I remember Drill Sergeant Dozier. A tall giant of a man that could really sing out cadence, the songs we had to sing during our indoctrination period of 8 weeks of basic training. I remember him wearing his “Smoky the Bear” drill sergeant hat (Campaign Hat) and how he would “hit” us in our face with the brim of his hat as he scared the living hell out of us. The military, it doesn’t matter what branch, takes way your name and give you a number as the many become one. “You like me trainee?” Dozier would yell out to a trainee, as the trainee trembled in his boots. Drill Sergeant Dozier continued the psychological attack to the mind. Being scared and stupid, the trainee would respond “yes.”  thinking you had given him the correct answer and the nightmarish encounter would be over with. “I don’t want you to like me,”  he would respond. “Liking leads to loving and loving leads to F******* and I do not want to get f*****.” (This is a family channel.) After surviving basic training you went next to “AIT” or advance infantry training. Ricky later would informed me that he never had AIT training and found himself in Vietnam with a “colt 45” at age twenty after completing his basic training in California. I found myself outside of Kaiserslaughter, Germany two years before Ricky’s tour of duty in Vietnam began.

It would be some fifteen years later during a walk together at a family celebration that Ricky gave me a brief look into his life’s journey. He explained he was “high” during his entire tour of duty in Vietnam.
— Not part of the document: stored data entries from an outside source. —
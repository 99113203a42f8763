-- ===== src/Audience.antt =====
-- The sessions of a room: src/Room.cpp, `doJoin` to `doChatMessage` without `doPlay`, with the sessions
-- of src/Player.cpp and the data of a session of src/Session.hpp. Sessions and players are pointers.
pub mod Bonds
pub mod Requests
pub mod Histories
pub mod Steps
pub mod Leaving
pub mod Watching
pub mod Runs
use the_game_server.Base.{
  ℕ, zero, suc, ◌+◌, ◌-◌, ◌*◌, ◌/◌, ◌%◌, ◌^◌, ◌≤◌, ◌<◌, min, max, ◌≡◌, refl, sym, ap, subst, ◌∙◌,
  ◌≢◌, ◌↔◌, ◌⊎◌, inl, inr, Bool, true, false, not, ◌&&◌, ◌||◌, Option, none, some, List, [], ◌∷◌,
  ◌++◌, map, arith, ltb, leb, ◌==◌, if◌then◌else◌, Bool-cases, Option-cases, length, take, drop,
  All, contains, insert, erase, count,
}
use the_game_server.Base.Float.{Float}
use the_game_server.Geometry.{Vec2D, zero_vec}
use the_game_server.Player.{Player, is_dead}
use the_game_server.Wire.{Buffer}
use the_game_server.OutgoingPacket.{
  serialize_play, serialize_finish, serialize_spectate, serialize_chat_message,
  serialize_player_join, serialize_player_leave, serialize_change_target_player,
}
use the_game_server.Base.Options.{same_pointer}

-- `UserData` of a session, without its room.
pub record UserData : Type 0 where
  pub player_id : ℕ
  pub player : Option ℕ
  pub observable : Option ℕ

pub record ChatMessage : Type 0 where
  pub text : List ℕ
  pub author : List ℕ
  pub author_id : ℕ

pub record Audience (F : Type 0) : Type 0 where
  pub sessions : List ℕ
  -- The players by their numbers.
  pub players : List (ℕ × ℕ)
  pub player_of : ℕ → Player F
  pub user_of : ℕ → UserData
  pub leaderboard : List ℕ
  pub fighters : List ℕ
  pub move_requests : List (ℕ × Vec2D F)
  pub eject_requests : List (ℕ × Vec2D F)
  pub split_requests : List (ℕ × Vec2D F)
  pub chat_history : List ChatMessage
  -- What was sent to a session, the last first.
  pub sent : List (ℕ × Buffer)

-- A write to memory.
unfoldable pub put : {A : Type 0} → ℕ → A → (ℕ → A) → ℕ → A
put p a memory q = if p == q then a else memory q

unfoldable pub find : ℕ → List (ℕ × ℕ) → Option ℕ
find id [] = none
find id ((key, p) ∷ ps) = let rest = find id ps in if key == id then some p else rest

-- `emplace` and `erase` of a map from sessions.
unfoldable pub emplace : {A : Type 0} → ℕ → A → List (ℕ × A) → List (ℕ × A)
emplace key a [] = (key, a) ∷ []
emplace key a ((k, b) ∷ items) =
    let rest = emplace key a items in if k == key then (k, b) ∷ items else (k, b) ∷ rest

unfoldable pub erase_key : {A : Type 0} → ℕ → List (ℕ × A) → List (ℕ × A)
erase_key key [] = []
erase_key key ((k, b) ∷ items) =
    let rest = erase_key key items in if k == key then rest else (k, b) ∷ rest

module _ {F : Type 0} where
  unfoldable pub set_player : ℕ → Option ℕ → Audience F → Audience F
  unfolding put
  set_player sess p a = record a {
    user_of = put sess (record (a.user_of sess) { player = p }) a.user_of;
  }

  unfoldable pub set_observable : ℕ → Option ℕ → Audience F → Audience F
  set_observable sess p a = record a {
    user_of = put sess (record (a.user_of sess) { observable = p }) a.user_of;
  }

  unfoldable pub set_player_id : ℕ → ℕ → Audience F → Audience F
  set_player_id sess id a = record a {
    user_of = put sess (record (a.user_of sess) { player_id = id }) a.user_of;
  }

  unfoldable pub write_player : ℕ → Player F → Audience F → Audience F
  write_player p player a = record a { player_of = put p player a.player_of }

  unfoldable pub send_to : ℕ → Buffer → Audience F → Audience F
  send_to sess buffer a = record a { sent = (sess, buffer) ∷ a.sent }

  unfoldable pub send_all : List ℕ → Buffer → Audience F → Audience F
  unfolding send_to
  send_all [] buffer a = a
  send_all (sess ∷ rest) buffer a = send_all rest buffer (send_to sess buffer a)

  -- `Room::send`
  unfoldable pub broadcast : Buffer → Audience F → Audience F
  unfolding send_all
  broadcast buffer a = send_all a.sessions buffer a

  -- The player forgets what it has seen when a session is new.
  unfoldable pub add_session : ℕ → ℕ → Audience F → Audience F
  unfolding write_player
  add_session p sess a =
      let player = a.player_of p in
      if contains sess player.sessions
      then a
      else write_player p
          (record player {
            sessions = insert sess player.sessions;
            left_top_sector = none;
            right_bottom_sector = none;
            sectors = [];
            visible_ids = [];
          })
          a

  -- `m_sessions.erase(m_mainSession); m_mainSession->player(nullptr);`
  unfoldable pub release : ℕ → Option ℕ → Audience F → Audience F
  unfolding set_player
  release p none a = a
  release p (some main) a =
      let player = a.player_of p in
      set_player main none
        (write_player p (record player { sessions = erase main player.sessions }) a)

  unfoldable pub attach : ℕ → ℕ → Audience F → Audience F
  unfolding add_session
  attach p sess a = add_session p sess (
      set_player sess (some p)
        (write_player p (record (a.player_of p) { main_session = some sess; is_online = true }) a))

  -- With a session that is not null.
  unfoldable pub set_main_session : ℕ → ℕ → Audience F → Audience F
  unfolding release attach
  set_main_session p sess a = attach p sess (release p (a.player_of p).main_session a)

module _ {F : Type 0} ⦃f : Float F⦄ where
  unfoldable pub remove_session : ℕ → ℕ → Audience F → Audience F
  remove_session p sess a =
      let player = a.player_of p in
      if contains sess player.sessions
      then (if same_pointer player.main_session (some sess)
          then set_player sess none (
              write_player p
                (record player {
                  sessions = erase sess player.sessions;
                  main_session = none;
                  is_online = false;
                  pointer_offset = zero_vec;
                })
                a)
          else write_player p (record player { sessions = erase sess player.sessions }) a)
      else a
How he had a two thousand dollar a day drug habit and the only job that could meet his financial need was that of “pimping” and he had a stable of women working for him. Not one who believed in shacking too long, he was married more than times than he could remember and would often tell my mom that he “did not remember” marrying one older white woman who was apparently well off money wise. After his tour of duty he went from one state to another state always on the move and his mother ( my dear aunt) would count it a blessing just to “hear” from him on Mother’s Day or Christmas. Ricky would later informed me how he had “died” several times and once found himself in a” tub of ice”, after over dosing on drugs.” I know there’s a God up above,” he would testify as the God of heaven and earth had protected him from himself over the years. After being delivered from a life of drugs and pimping, the second most important thing for Ricky after his Lord and his God was his attendance at Narcotics Anonymous as he faithfully attended NA meeting regardless of what city he found himself in. Like many veteran of war, he only gave me a “little” information, knowing that I could not handle too much information at one time. As a Journeyman Iron Worker he would tell me how much “peace” he had being 30-50 stories up in the air, working his craft.

The upshot after 678 words. I have often found myself “thinking” about my life’s journey just like my cousin Ricky did. Ricky is now absent from the body, but present with the his Lord. And when you start “thinking” you start “thanking.” The song writer says,” through many dangers, toils and snares I have already come” and you apply those words to your life. We were all “blind and could not see” at one time or another (some still are) until we were saved from ourselves by what the song writer and the Word of God calls “Amazing Grace.” Every day truly is a day of Thanksgiving. But do not take my word for it. “Search the scriptures;” John 5:39a. Remember, Every day is Thanksgiving.